Z drugiej strony praktycznie od zawsze podróżowanie w metalowych puszkach, zarówno tych sunących po szynach, jeżdżących po drogach, jak i tych latających po niebie z odpowiednio przypiętymi pancernymi skrzydełkami czy pływających po oczkach wodnych z chusteczką przywiązaną do kawałka kijka, sprawiało mi wielką frajdę. Głównie dlatego, że początek każdej kolejnej wyprawy jest idealnym momentem na drzemkę. Oczywiście powoduje to, że bardziej nadaję się na sardynkę, niż na kierowcę, motorniczego, sternika, pilota czy jakiegokolwiek innego specjalistę od przemieszczania puszek z punktu A do punktu B. Jednak po co się przejmować detalami.
Jedynym minusem podróżowania w półśnie jest fakt, że w pojedynczych przypadkach wciąż śni się o tym samym. Zasypia się, wybudza i zasypia ponownie. Przed oczami przelatują zawieszone w czasie, niezmienione sceny i miejsca. Następnie owa powtarzalność staje się widoczna również na jawie, a przez kolejne dni wszystko układa się w chaotyczny podzbiorek rozmaitych odwołań. Tak jakby nagle zbrodnią był podziw dla czegoś, co nie jest nowością.
A tymczasem…
…pomimo wklepania kilku tysięcy znaków nie potrafię przestać myśleć o "Rectify". Wciąż, po kilkukrotnym obejrzeniu wyemitowanych odcinków, bardziej niż odpowiedzi na pytania: "Zabił?", "Nie zabił?" interesują mnie wycieczki do sklepów, przerwy w dialogach w trakcie spacerów i nieśmiałe próby upewniania się, że odzyskana wolność nie jest snem czy złudzeniem. I nie wynika to jedynie z zachwytu.
Po prostu dziwnie się obserwuje powtórne odkrywanie miasteczka Paulie w stanie Georgia. Można poczuć się wręcz nieswojo.
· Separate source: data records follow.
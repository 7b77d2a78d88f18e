-- ===== src/Asdu/Codec/Laws.antt =====
-- What asdu/codec.go appends to an empty information object it decodes from its front.
use go_iecp.Shared.{
  ℕ, ◌+◌, ◌*◌, ◌/◌, ◌<◌, ◌≡◌, List, [], ◌++◌, some, bit_and, bit_or, arith, byte, ℤ, InRange,
  to_word, of_word, ◌==◌,
}
use go_iecp.Shared.Bits.{
  bit_or-shift, bit_and_ff, bit_and_1f, bit_and_20, bit_and_40, bit_and_80, bit_or_20, bit_or_40,
  bit_or_80,
}
use go_iecp.Asdu.Identifier.{set_flag}
use go_iecp.Asdu.Error.{ok}
use go_iecp.Asdu.Message.{Asdu}
use go_iecp.Asdu.Codec.{
  append_bytes, with_info_obj, decode_uint16_of, decode_uint16, decode_uint32_of, append_uint16,
  append_info_obj_addr, decode_info_obj_addr, decode_addr2, decode_addr3, decode_byte_of,
  append_normalize, append_scaled, signed16, decode_normalize, decode_scaled, BinaryCounterReading,
  append_binary_counter_reading, decode_counter_of, decode_binary_counter_reading,
  append_bits_string32, decode_bits_string32, append_cp16_time2a, decode_cp16_time2a,
  append_status_and_status_change_detection, decode_status_and_status_change_detection,
}

-- The ASDU of which the information object has these octets in front of it.
abbrev pub followed_by : Asdu → List ℕ → Asdu
followed_by a rest = with_info_obj a (a.info_obj ++ rest)

abbrev pub emptied : Asdu → Asdu
emptied a = with_info_obj a []

join3 :
    (b0 b1 b2 : ℕ)
    → b0 < 256
    → b1 < 256
    → bit_or (bit_or b0 (b1 * 256)) (b2 * 65536) ≡ b0 + b1 * 256 + b2 * 65536
join3 b0 b1 b2 h0 h1 = ground (arith, bit_or-shift 8 b0 b1, bit_or-shift 16 (b0 + b1 * 256) b2)

-- An information object address that AppendInfoObjAddr appends to an ASDU without information
-- objects, whatever octets follow, is what DecodeInfoObjAddr takes from the front of it, and the
-- octets that follow are left.
pub decode_info_obj_addr-append_info_obj_addr :
    (a : Asdu) (addr : ℕ) (rest : List ℕ) {b : Asdu}
    → append_info_obj_addr (emptied a) addr ≡ ok b
    → decode_info_obj_addr (followed_by b rest) ≡ some (addr, with_info_obj a rest)
unfolding append_info_obj_addr append_bytes decode_info_obj_addr decode_addr2 decode_addr3
    decode_byte_of
decode_info_obj_addr-append_info_obj_addr a addr rest h = ground (
  arith,
  bit_or-shift 8 (byte addr) (byte (addr / 256)),
  join3 (byte addr) (byte (addr / 256)) (byte (addr / 65536)),
)

-- A number of the width of its Go type that is appended to an ASDU without information objects as
-- a uint16, a CP16Time2a, a bit string or a status with change detection, whatever octets follow,
-- is decoded from the front of it, and the octets that follow are left.
pub decode-append :
    (a : Asdu) (v w : ℕ) (rest : List ℕ)
    → v < 65536
    → w < 4294967296
    → (decode_uint16 (followed_by (append_uint16 (emptied a) v) rest)
        ≡ some (v, with_info_obj a rest))
      × (decode_cp16_time2a (followed_by (append_cp16_time2a (emptied a) v) rest)
          ≡ some (v, with_info_obj a rest))
      × (decode_bits_string32 (followed_by (append_bits_string32 (emptied a) w) rest)
          ≡ some (w, with_info_obj a rest))
      × (decode_status_and_status_change_detection
            (followed_by (append_status_and_status_change_detection (emptied a) w) rest)
          ≡ some (w, with_info_obj a rest))
unfolding append_uint16 decode_uint16 decode_uint16_of append_cp16_time2a decode_cp16_time2a
    append_bits_string32 decode_bits_string32 decode_uint32_of
    append_status_and_status_change_detection decode_status_and_status_change_detection append_bytes
decode-append a v w rest hv hw = ground (arith, bit_and_ff v, bit_and_ff (v / 256))

word16-signed : (z : ℤ) → InRange 32768 z → of_word 32768 (to_word 65536 z) ≡ z
word16-signed z h = ground arith

-- A normalized or a scaled value of sixteen bits with its sign that is appended to an ASDU
-- without information objects, whatever octets follow, is decoded from the front of it, and the
-- octets that follow are left.
pub decode-append_signed :
    (a : Asdu) (z : ℤ) (rest : List ℕ)
    → InRange 32768 z
    → (decode_normalize (followed_by (append_normalize (emptied a) z) rest)
        ≡ some (z, with_info_obj a rest))
      × (decode_scaled (followed_by (append_scaled (emptied a) z) rest)
          ≡ some (z, with_info_obj a rest))
unfolding append_normalize decode_normalize append_scaled decode_scaled signed16 decode_uint16_of
    append_bytes
decode-append_signed a z rest h = ground (arith, word16-signed z h)

-- The octet after the counter.
abbrev sequence_octet : BinaryCounterReading → ℕ
sequence_octet v =
    set_flag v.is_invalid 0x80
      (set_flag v.is_adjusted 0x40 (set_flag v.has_carry 0x20 (bit_and v.seq_number 0x1f)))

-- It holds the sequence number and the flags.
sequence_octet-fields :
    (v : BinaryCounterReading)
    → v.seq_number < 32
    → (bit_and (sequence_octet v) 0x1f ≡ v.seq_number)
      × ((bit_and (sequence_octet v) 0x20 == 0x20) ≡ v.has_carry)
      × ((bit_and (sequence_octet v) 0x40 == 0x40) ≡ v.is_adjusted)
      × ((bit_and (sequence_octet v) 0x80 == 0x80) ≡ v.is_invalid)
sequence_octet-fields v h =
    let n = v.seq_number in
    ground (
      arith,
      bit_and_1f n,
      bit_or_40 n,
      bit_or_40 (n + 32),
      bit_or_80 n,
      bit_or_80 (n + 32),
      bit_or_80 (n + 64),
      bit_or_80 (n + 96),
      bit_or_20 n,
      bit_and_1f (sequence_octet v),
      bit_and_20 (sequence_octet v),
      bit_and_40 (sequence_octet v),
      bit_and_80 (sequence_octet v),
    )

word32-signed : (z : ℤ) → InRange 2147483648 z → of_word 2147483648 (to_word 4294967296 z) ≡ z
word32-signed z h = ground arith

-- A counter reading of 32 bits with its sign, with a sequence number of five bits and any flags,
-- that is appended to an ASDU without information objects, whatever octets follow, is decoded
-- from the front of it, and the octets that follow are left.
pub decode_binary_counter_reading-append_binary_counter_reading :
    (a : Asdu) (v : BinaryCounterReading) (rest : List ℕ)
    → InRange 2147483648 v.counter_reading
    → v.seq_number < 32
    → decode_binary_counter_reading (followed_by (append_binary_counter_reading (emptied a) v) rest)
      ≡ some (v, with_info_obj a rest)
unfolding append_binary_counter_reading decode_binary_counter_reading decode_counter_of append_bytes
decode_binary_counter_reading-append_binary_counter_reading a v rest h s =
    ground (arith, word32-signed v.counter_reading h, sequence_octet-fields v s)
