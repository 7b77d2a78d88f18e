-- ===== src/Asdu/Codec/Front.antt =====
-- The octets of a value in front of the information object are decoded by asdu/codec.go.
use go_iecp.Shared.{ℕ, ◌<◌, ◌≡◌, ◌∷◌, ◌++◌, List, some, arith, refl, ℤ, InRange, to_word}
use go_iecp.Asdu.Message.{Asdu}
use go_iecp.Asdu.Codec.{
  append_bytes, with_info_obj, octets16, octets32, counter_octets, decode_byte, decode_byte_of,
  append_normalize, append_scaled, decode_normalize, decode_scaled, BinaryCounterReading,
  append_binary_counter_reading, decode_binary_counter_reading, append_bits_string32,
  decode_bits_string32, append_cp16_time2a, decode_cp16_time2a,
  append_status_and_status_change_detection, decode_status_and_status_change_detection,
}
use go_iecp.Asdu.Codec.Laws.{
  decode-append, decode-append_signed, decode_binary_counter_reading-append_binary_counter_reading,
}

module _ (a : Asdu) (rest : List ℕ) where
  pub decode_byte-front :
      (b : ℕ) → decode_byte (with_info_obj a (b ∷ rest)) ≡ some (b, with_info_obj a rest)
  unfolding decode_byte decode_byte_of
  decode_byte-front b = refl

  pub decode_cp16-front :
      (v : ℕ)
      → v < 65536
      → decode_cp16_time2a (with_info_obj a (octets16 v ++ rest)) ≡ some (v, with_info_obj a rest)
  unfolding append_cp16_time2a append_bytes
  decode_cp16-front v h = (decode-append a v 0 rest h (ground arith)).1

  pub decode_bits_string32-front :
      (v : ℕ)
      → v < 4294967296
      → decode_bits_string32 (with_info_obj a (octets32 v ++ rest)) ≡ some (v, with_info_obj a rest)
  unfolding append_bits_string32 append_bytes
  decode_bits_string32-front v h = (decode-append a 0 v rest (ground arith) h).2

  pub decode_status-front :
      (v : ℕ)
      → v < 4294967296
      → decode_status_and_status_change_detection (with_info_obj a (octets32 v ++ rest))
        ≡ some (v, with_info_obj a rest)
  unfolding append_status_and_status_change_detection append_bytes
  decode_status-front v h = (decode-append a 0 v rest (ground arith) h).3

  pub decode_normalize-front :
      (z : ℤ)
      → InRange 32768 z
      → decode_normalize (with_info_obj a (octets16 (to_word 65536 z) ++ rest))
        ≡ some (z, with_info_obj a rest)
  unfolding append_normalize append_bytes
  decode_normalize-front z h = (decode-append_signed a z rest h).0

  pub decode_scaled-front :
      (z : ℤ)
      → InRange 32768 z
      → decode_scaled (with_info_obj a (octets16 (to_word 65536 z) ++ rest))
        ≡ some (z, with_info_obj a rest)
  unfolding append_scaled append_bytes
  decode_scaled-front z h = (decode-append_signed a z rest h).1

  pub decode_counter-front :
      (v : BinaryCounterReading)
      → InRange 2147483648 v.counter_reading
      → v.seq_number < 32
      → decode_binary_counter_reading (with_info_obj a (counter_octets v ++ rest))
        ≡ some (v, with_info_obj a rest)
  unfolding append_binary_counter_reading append_bytes
  decode_counter-front v h s =
      decode_binary_counter_reading-append_binary_counter_reading a v rest h s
W końcu pomimo pięknych terenów, mieścina ta nadawałaby się na najbardziej depresyjną wersję the darkest timeline, jaką Abed Nadir (Danny Pudi) kiedykolwiek mógłby sobie wyobrazić.
Coś często ostatnio odwołuję się do "Community". Zakwalifikujmy to jako sposób na odreagowanie fiaska znanego niektórym pod nazwą "4. sezon".
Za to ostatnio…
…w "NCIS" pojawił się całkiem fajny sprzęt do podsłuchiwania ludzi. Mimo że urządzonko wyglądem przypomina dziecięcą wersję walkie-talkie, to należy wierzyć, że jest niezwykle groźne i skuteczne – w końcu sam McGee (Sean Murray) zachwycał się nim przez blisko minutę. Wykorzystanie tego cudu techniki nie wyszło jednak na zdrowie Gibbsowi (Mark Harmon) i spółce, bo o ile Tony DiNozzo (Michael Weatherly) wszedł na moment w buty Johna Reese'a (Jim Caviezel) z "Person of Interest", to ostatecznie podsłuchane rozmowy stały się częścią pułapki zastawionej przez Richarda Parsonsa (Colin Hanks)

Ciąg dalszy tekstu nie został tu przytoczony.